- _Data records_

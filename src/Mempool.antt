-- ===== src/Mempool.antt =====
-- src/mempool.py: the pending transactions, by hash, and the number of bytes that they take.
pub mod Overlay
pub mod Evict
pub mod Bounds
pub mod Admit
pub mod Probe
use lapsecoin.Prelude.{
  ℕ, ◌+◌, ◌-◌, ◌*◌, String, Bool, true, false, ◌||◌, Option, none, some, List, [], ◌∷◌, map, length,
  str_eq, leb, ltb, if◌then◌else◌,
}
use lapsecoin.Prelude.Int.{ℤ, pos, ◌+ℤ◌, ◌-ℤ◌, leb_ℤ, ltb_ℤ}
use lapsecoin.Prelude.Result.{
  Result, ok, raised, overflow_error, ◌>>=◌, ◌>>◌, refuse_if, duplicate, mempool_full,
}
use lapsecoin.Params.{block_size_limit}
use lapsecoin.Dict.{Dict, lookup, contains, insert, erase}
use lapsecoin.Json.{Json, Fields, obj}
use lapsecoin.Crypto.{Crypto}
use lapsecoin.Tx.{tx_hash, tx_size, int_field, sender}
use lapsecoin.State.{State, get_nonce}
use lapsecoin.Block.{tx_fee}

abbrev pub mempool_max_bytes : ℕ
mempool_max_bytes = 10 * block_size_limit

-- Python's floats, as far as the fee rates use them: `fee / max(size, 1)`, `none` where the division
-- overflows, and `>=`.
pub record Rates : Type 1 where
  pub Rate : Type 0
  pub rate_of : ℤ → ℕ → Option Rate
  pub at_least : Rate → Rate → Bool

module _ (rates : Rates) where
  open rates use {Rate}

  -- `entered` is what the monotonic clock showed.
  pub record Entry : Type 0 where
    pub tx : Fields
    pub entered : ℕ
    pub size : ℕ
    pub fee_rate : Rate

  pub record Mempool : Type 0 where
    pub pool : Dict Entry
    pub total_bytes : ℤ

  abbrev pub or_overflow : Option Rate → Result Rate
  or_overflow none = raised overflow_error
  or_overflow (some q) = ok q

  unfoldable pub entry_of : Crypto → ℕ → Fields → Result Entry
  entry_of c now tx = do
    let size = tx_size c tx
    fee ← tx_fee (obj tx)
    q ← or_overflow (rates.rate_of fee size)
    ok (record { tx = tx; entered = now; size = size; fee_rate = q })

  -- `sorted(self._pool.items(), key=fee_rate)`, which is stable.
  unfoldable pub insert_by_rate : String → Entry → Dict Entry → Dict Entry
  insert_by_rate h e [] = (h, e) ∷ []
  insert_by_rate h e ((h2, other) ∷ d) =
      let rest = insert_by_rate h e d in
      if rates.at_least other.fee_rate e.fee_rate
      then (h, e) ∷ (h2, other) ∷ d
      else (h2, other) ∷ rest

  unfoldable pub by_worst_first : Dict Entry → Dict Entry
  by_worst_first [] = []
  by_worst_first ((h, e) ∷ d) = insert_by_rate h e (by_worst_first d)

  -- The loop over the worst: what it evicts, and the bytes that this frees.
  unfoldable pub scan : ℤ → Rate → ℕ → Dict Entry → Dict Entry × ℕ
  scan overflow q freed [] = ([], freed)
  scan overflow q freed ((h, other) ∷ d) =
      let (evict, freed') = scan overflow q (freed + other.size) d in
      if leb_ℤ overflow (pos freed)
      then ([], freed)
      else if rates.at_least other.fee_rate q
      then ([], freed)
      else ((h, other) ∷ evict, freed')

  abbrev pub enough : ℤ → Dict Entry × ℕ → Result (Dict Entry)
  enough overflow (evict, freed) = do refuse_if (ltb_ℤ (pos freed) overflow) mempool_full; ok evict

  unfoldable pub to_evict : Mempool → Entry → Result (Dict Entry)
  to_evict p e =
      let overflow = p.total_bytes +ℤ pos e.size -ℤ pos mempool_max_bytes in
      if ltb_ℤ (pos 0) overflow
      then enough overflow (scan overflow e.fee_rate 0 (by_worst_first p.pool))
      else ok []

  abbrev pub popped : Option Entry → String → Mempool → Mempool
  popped none h p = p
  popped (some e) h p = record p {
    pool = erase h p.pool;
    total_bytes = p.total_bytes -ℤ pos e.size;
  }

  unfoldable pub remove : String → Mempool → Mempool
  remove h p = popped (lookup h p.pool) h p

  unfoldable pub remove_many : List String → Mempool → Mempool
  remove_many [] p = p
  remove_many (h ∷ hs) p = remove_many hs (remove h p)

  unfoldable pub hashes : Dict Entry → List String
  hashes [] = []
  hashes ((h, e) ∷ d) = h ∷ hashes d

  unfoldable pub put : String → Entry → Mempool → Mempool
  put h e p = record p { pool = insert h e p.pool; total_bytes = p.total_bytes +ℤ pos e.size }

  -- `(False, reason)` leaves the mempool as it was.
  unfoldable pub add : Crypto → ℕ → Fields → Mempool → Result (Mempool × String)
  add c now tx p = do
    let h = tx_hash c tx
    refuse_if (contains h p.pool) duplicate
    e ← entry_of c now tx
    evict ← to_evict p e
    ok (put h e (remove_many (hashes evict) p), h)

  -- `prune_stale`: a nonce that the chain has passed, or an age past the limit.
  unfoldable pub stale : State → ℕ → ℕ → Dict Entry → Result (List String)
  stale s now ttl [] = ok []
  stale s now ttl ((h, e) ∷ d) = do
    nonce ← int_field "nonce" e.tx
    from ← sender e.tx
    rest ← stale s now ttl d
    ok (if leb_ℤ nonce (get_nonce s from) || ltb ttl (now - e.entered) then h ∷ rest else rest)

  unfoldable pub prune_stale : State → ℕ → ℕ → Mempool → Result (Mempool × List String)
  prune_stale s now ttl p = do pruned ← stale s now ttl p.pool; ok (remove_many pruned p, pruned)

- _How to complete this task_
Only the lines from the one containing "hashes ((h, e) ∷ d) = h ∷ hashes d" through the last line of the material should be returned, each one exactly as written.

- _Finished task_
  hashes ((h, e) ∷ d) = h ∷ hashes d

  unfoldable pub put : String → Entry → Mempool → Mempool
  put h e p = record p { pool = insert h e p.pool; total_bytes = p.total_bytes +ℤ pos e.size }

  -- `(False, reason)` leaves the mempool as it was.
  unfoldable pub add : Crypto → ℕ → Fields → Mempool → Result (Mempool × String)
  add c now tx p = do
    let h = tx_hash c tx
    refuse_if (contains h p.pool) duplicate
    e ← entry_of c now tx
    evict ← to_evict p e
    ok (put h e (remove_many (hashes evict) p), h)

  -- `prune_stale`: a nonce that the chain has passed, or an age past the limit.
  unfoldable pub stale : State → ℕ → ℕ → Dict Entry → Result (List String)
  stale s now ttl [] = ok []
  stale s now ttl ((h, e) ∷ d) = do
    nonce ← int_field "nonce" e.tx
    from ← sender e.tx
    rest ← stale s now ttl d
    ok (if leb_ℤ nonce (get_nonce s from) || ltb ttl (now - e.entered) then h ∷ rest else rest)

  unfoldable pub prune_stale : State → ℕ → ℕ → Mempool → Result (Mempool × List String)
  prune_stale s now ttl p = do pruned ← stale s now ttl p.pool; ok (remove_many pruned p, pruned)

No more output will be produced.